Aggressive surgery offers a better outcome than conservative therapy [29]. Although portal vein invasion is a negative independent predictor of survival for locally advanced perihilar cholangiocarcinoma, portal vein resection and reconstruction increase the resectability rate and can offer a better chance of long-term survival [114]. Therefore, we have been performing surgery even for patients with locally advanced perihilar cholangiocarcinoma invading the portal bifurcation. Recently, Neuhaus et al. [8, 10] emphasized the clinical significance of right trisectionectomy with concomitant portal vein resection to complete the no-touch technique. In contrast, our strategy is a local resection with minimal lymphadenectomy to achieve a curative resection, which means that the portal vein should be resected only in cases with macroscopic cancer invasion of portal bifurcation [13]. This approach may risk the dissemination of cancer. In this study MPR images showed a high affinity with macroscopic portal vein invasion. Therefore, the portal vein can be resected without the dissection maneuver around the portal bifurcation when MPR images reveal cancer invasion of the portal bifurcation. Conversely, if MPR images show no cancer invasion, portal bifurcation can be skeletonized.

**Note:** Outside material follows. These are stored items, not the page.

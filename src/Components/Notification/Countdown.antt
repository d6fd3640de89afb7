-- ===== src/Components/Notification/Countdown.antt =====
-- The countdown of src/frontend/src/components/mui/alert/notification.tsx over its animation frames.
use native.Mathlib.Nat.{le-div_iff_mul-le, div-mul-le_self}
use Prim.Native.Nat.{zero, suc, ◌<◌, ◌≤◌}
use swarm_engine.Prelude.{
  ℕ, ◌+◌, ◌-◌, ◌*◌, ◌/◌, ◌≡◌, refl, sym, ap, subst, ◌∙◌, ◌↔◌, inl, inr, false, List, [], ◌∷◌, arith,
  ltb, Bool-cases, lt→ltb, ge→ltb, ltb→ge,
}
use swarm_engine.Components.Notification.{
  CountdownState, compensation, progress_of, start_countdown, started_at, on_frame, countdown_run,
}

-- The times of the frames do not go back.
abbrev IsAscending : ℕ → List ℕ → Type 0
IsAscending t [] = Unit
IsAscending t (u ∷ us) = (t ≤ u) × IsAscending u us

abbrev pub last_time : ℕ → List ℕ → ℕ
last_time t [] = t
last_time t (u ∷ us) = last_time u us

progress_of-le : (d x : ℕ) → progress_of d x ≤ 100
unfolding progress_of
progress_of-le d x = omega arith

div_mono : (d x y : ℕ) → 0 < d → x ≤ y → x / d ≤ y / d
div_mono d x y h k = (le-div_iff_mul-le h).1 (omega (arith, k, div-mul-le_self x d))

progress_of_mono : (d x y : ℕ) → 0 < d → x ≤ y → progress_of d x ≤ progress_of d y
unfolding progress_of
progress_of_mono d x y h k =
    omega (arith, div_mono d (100 * x + (d - 1)) (100 * y + (d - 1)) h (omega (arith, k)))

progress_of-full : (d x : ℕ) → 0 < d → (progress_of d x ≡ 100) ↔ (99 * d < 100 * x)
unfolding progress_of
progress_of-full d x h =
    let full = le-div_iff_mul-le {k = d} {x = 100} {y = 100 * x + (d - 1)} h in
    (
      λ e. omega (arith, h, full.0 (omega (arith, e))),
      λ k. omega (arith, full.1 (omega (arith, h, k))),
    )

-- The state of the bar when its first frame was at `t` and its last at `u`.
record IsAt (d t u : ℕ) (s : CountdownState) : Type 0 where
  started : s.start_time ≡ t
  reached : s.progress ≡ progress_of d (u - t + compensation)
  going : s.running ≡ ltb s.progress 100

first-IsAt : (d t : ℕ) → 0 < d → IsAt d t t (on_frame d t (start_countdown d))
unfolding on_frame
first-IsAt d t h =
    rw (lt→ltb 0 d h)
      (record { started = refl; reached = ap (progress_of d) (omega arith); going = refl })

started_lem : (t v : ℕ) → 0 < t → started_at t v ≡ t
started_lem zero v h = absurd (omega (arith, h))
started_lem (suc t) v h = refl

next-IsAt :
    (d t u v : ℕ) (s : CountdownState)
    → 0 < d
    → 0 < t
    → t ≤ u
    → u ≤ v
    → IsAt d t u s
    → IsAt d t v (on_frame d v s)
unfolding on_frame
next-IsAt d t u v s h k l m a = elim (Bool-cases s.running) [
  | inl e ↦
      let q = ap (λ x. started_at x v) a.started ∙ started_lem t v k in
      rw e (record {
        started = q;
        reached =
            ap (λ x. progress_of d (v + compensation - x)) q
            ∙ ap (progress_of d) (omega (arith, l, m));
        going = refl;
      })
  | inr e ↦ rw e (record {
    started = a.started;
    reached = omega (
      arith,
      ltb→ge s.progress 100 (sym a.going ∙ e),
      a.reached,
      progress_of-le d (v - t + compensation),
      progress_of_mono d (u - t + compensation) (v - t + compensation) h (omega (arith, m)),
    );
    going = sym e ∙ a.going;
  })
]

run-IsAt :
    (d t : ℕ) (us : List ℕ) (u : ℕ) (s : CountdownState)
    → 0 < d
    → 0 < t
    → t ≤ u
    → IsAscending u us
    → IsAt d t u s
    → IsAt d t (last_time u us) (countdown_run d us s)
unfolding countdown_run
run-IsAt d t [] u s h k l m a = a
run-IsAt d t (v ∷ vs) u s h k l (m, ms) a =
    run-IsAt d t vs v (on_frame d v s) h k (omega (arith, l, m)) ms (next-IsAt d t u v s h k l m a)

-- A bar with a duration whose frames come in order, the first of them not at the time 0, stands after
-- them where the time from the first to the last says, and never behind 100, also if it has stopped
-- before; and it has stopped just when more than 99 hundredths of the duration, less the compensation of
-- 150, have passed. So it fills up before the notification is hidden, and no frame is asked for then.
pub countdown_follows :
    (d t : ℕ) (ts : List ℕ)
    → 0 < d
    → 0 < t
    → IsAscending t ts
    → ((countdown_run d (t ∷ ts) (start_countdown d)).progress
        ≡ progress_of d (last_time t ts - t + compensation))
      × ((countdown_run d (t ∷ ts) (start_countdown d)).progress ≤ 100)
      × (((countdown_run d (t ∷ ts) (start_countdown d)).running ≡ false)
          ↔ (99 * d < 100 * (last_time t ts - t + compensation)))
unfolding countdown_run
countdown_follows d t ts h k l =
    let s = countdown_run d ts (on_frame d t (start_countdown d)) in
    let x = last_time t ts - t + compensation in
    let a =
      run-IsAt d t ts t (on_frame d t (start_countdown d)) h k (omega arith) l (first-IsAt d t h) in
    let full = progress_of-full d x h in
    (
      a.reached,
      subst (λ n. n ≤ 100) (sym a.reached) (progress_of-le d x),
      (
        λ e.
            full.0 (
              omega
                (arith, a.reached, progress_of-le d x, ltb→ge s.progress 100 (sym a.going ∙ e))),
        λ m. a.going ∙ ge→ltb s.progress 100 (omega (arith, a.reached, full.1 m)),
      ),
    )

In conclusion, MDCT may be a valuable tool for assessing cancer invasion of the portal bifurcation in patients with perihilar cholangiocarcinoma. Presence or absence of cancer invasion of the portal bifurcation should be estimated using MPR images. Portal vein resection and reconstruction should be planned using 3DVR images. Both MPR and 3DVR images are mandatory for evaluating cancer invasion of the portal bifurcation by perihilar cholangiocarcinoma.